Barrier reefs develop along the edge of continental shelves that are sufficiently remote from sediment input
from the land to encourage vigorous coral growth. Usually behind these reefs are relatively deep water ways,
referred to as lagoons. Good examples are the Great Barrier Reef and the barrier reefs of Belize and New
Caledonia. These barrier reefs protect the adjacent shorelines from the impact of oceanic waves.

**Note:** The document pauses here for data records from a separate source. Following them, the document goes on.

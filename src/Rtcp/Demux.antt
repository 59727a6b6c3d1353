-- ===== src/Rtcp/Demux.antt =====
-- How peer_connection_loop tells RTCP from RTP, and what the feedback messages look like to a receiver
-- (src/rtcp.c, src/rtp.c).
use libpeer.Base.{
  ℕ, ◌+◌, ◌*◌, ◌/◌, ◌%◌, ◌^◌, ◌≤◌, ◌<◌, ◌≡◌, refl, true, false, not, List, ◌++◌, some, length,
  get_or, replicate, arith,
}
use libpeer.Base.Word.{be32, read16}
use libpeer.Rtp.Header.{rtp_packet_validate, rtp_get_ssrc, payload_type}
use libpeer.Rtcp.{answer, rtcp_probe, rtcp_get_pli, rtcp_get_fir, rtcp_header_bytes, le32}

-- Of a packet of twelve bytes or more, rtcp_probe says yes just where rtp_packet_validate says no.
pub probe-validate :
    (packet : List ℕ)
    → 12 ≤ length packet
    → rtcp_probe packet ≡ answer (not (rtp_packet_validate packet))
unfolding rtcp_probe rtp_packet_validate
probe-validate packet h = ground arith

-- A packet that is told to be RTCP, as long as its length field says.
pub record IsRtcp (packet : List ℕ) : Type 0 where
  pub probed : rtcp_probe packet ≡ answer true
  pub refused : rtp_packet_validate packet ≡ false
  pub words : (read16 (get_or packet 2 0) (get_or packet 3 0) + 1) * 4 ≡ length packet

-- Given the length 20 and a number below 256, rtcp_get_fir writes a packet that rtcp_probe takes for
-- RTCP, that rtp_packet_validate refuses, and that is as long as its length field says; the number is
-- increased modulo 256, and stands in the sequence field of the FCI entry.
pub rtcp_get_fir-IsRtcp :
    (seqnr : ℕ)
    → seqnr < 256
    → (packet : List ℕ) × (rtcp_get_fir 20 seqnr ≡ some (packet, (seqnr + 1) % 256))
      × (get_or packet 16 0 ≡ (seqnr + 1) % 256)
      × IsRtcp packet
unfolding rtcp_get_fir rtcp_header_bytes rtcp_probe rtp_packet_validate payload_type
rtcp_get_fir-IsRtcp seqnr h =
    let next = (seqnr + 1) % 256 in
    (
      rtcp_header_bytes 4 206 4 ++ (replicate 12 0 ++ be32 (next * 2 ^ 24)),
      ground arith,
      omega arith,
      record { probed = refl; refused = refl; words = refl },
    )

-- The SSRC, a number of 32 bits, that rtcp_get_pli names is read back by rtp_get_ssrc, in network
-- order, with its bytes reversed.
pub rtcp_get_pli_media :
    (ssrc : ℕ)
    → ssrc < 2 ^ 32
    → (packet : List ℕ) × (rtcp_get_pli 12 ssrc ≡ some packet)
      × (rtp_get_ssrc packet
          ≡ ssrc % 2 ^ 8 * 2 ^ 24
            + ssrc / 2 ^ 8 % 2 ^ 8 * 2 ^ 16
            + ssrc / 2 ^ 16 % 2 ^ 8 * 2 ^ 8
            + ssrc / 2 ^ 24)
unfolding rtcp_get_pli rtcp_header_bytes le32 rtp_get_ssrc
rtcp_get_pli_media ssrc h = (_, refl, omega arith)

Platform reefs grow over ‘hills and mountains’ formed by previous reefs or other features such as sand dunes,
formed when sea level was lower. Once the reefs reach the surface, they grow outward often forming large
areas of reef flats. Platform reefs are frequently found within the large lagoonsformed by barrier reefs. There
are good examples of platform reefs in the Bahamas, within the ‘lagoon’ of the Great Barrier Reef and in the
Red Sea.
14. The growth and functioning of coral reefs is best under the following general conditions
water temperatures in the optimum range of about 23-30°C;
consistent irradiance, hence shallow, clear seas in tropical latitudes;
low levels of sedimentation;
low concentrations of inorganic and organic nutrients;
• Macro and Micro-algae on Reefs : The other major primary productivity component of coral reefs are the
benthic macro- and micro- algae that coat many of the ‘bare’ surfaces (see Box 2.2). Calcareous or coralline
algae not only photosynthesize, but also produce substantial amounts of calcium carbonate. Their role on
many reefs is so important that it has been suggested that ‘coral’ reefs is a misnomer, and a more accurate
term would be ‘algal’ reefs (Hillis-Colinvaux 1986). The calcareous algae function in two ways: Halimeda
are foliose algae which make major contributions to the loose sediments of many reefs; encrusting algae
such as Lithothamnion make important structural contributions to the reef by binding and cementing reef
surfaces into a durable limestone plate or block. This algal cementation is most pronounced in high energy
environments, such as on the reef crest, shallow reef flats, and the seaward intertidal zone of reef islands.
15. Plankton
Plankton are the microscopic plants and animals that inhabit the water and whose large and medium-scale
movements are controlled primarily by water motion. Plankton are important to coral reef ecosystems since
they serve as food and nutrients for animals higher in the food chain, and because many important coral reef
species have planktonic larvae which act as the long distance dispersal mechanism between reef areas (Box
2.6). These larvae are transient members of the plankton, but their survival is crucial to the reproduction and
recruitment processes of a coral reef. Plankton communities predominantly drift in the upper few metres of the
water column and hence are susceptible to changes in the amount of incident light, UV radiation, temperature
and water movement (Box 2.3).
16. Planktonic Larvae
Corals exhibit two spawning strategies for sexual propagation, both producing planktonic larval stages. Most
numerous are the broadcast spawners, which release (sometimes simultaneously) millions of eggs and sperm
that develop into free swimming larvae. These drift in the upper layers of the plankton for 4 to 7 days before
seeking suitable reef substrata. In the other type of larval reproduction, some corals (brooders) hatch within
their tissue better developed propagules which have a very short (hours) free swimming stage (Harrison and
Wallace 1990). The vast majority of reef fish also have planktonic larvae. The duration of larval life varies
considerably from 3 weeks to well over 3 months (Leis 1991). Many other reef organisms spend time in the
plankton. One important group within this listing is the larvae of the crown-of-thorns starfish, Acanthaster
p/anci, a predator of corals with episodic population explosions. Variations in conditions affecting the 3week
larval life may explain these periodic outbreaks.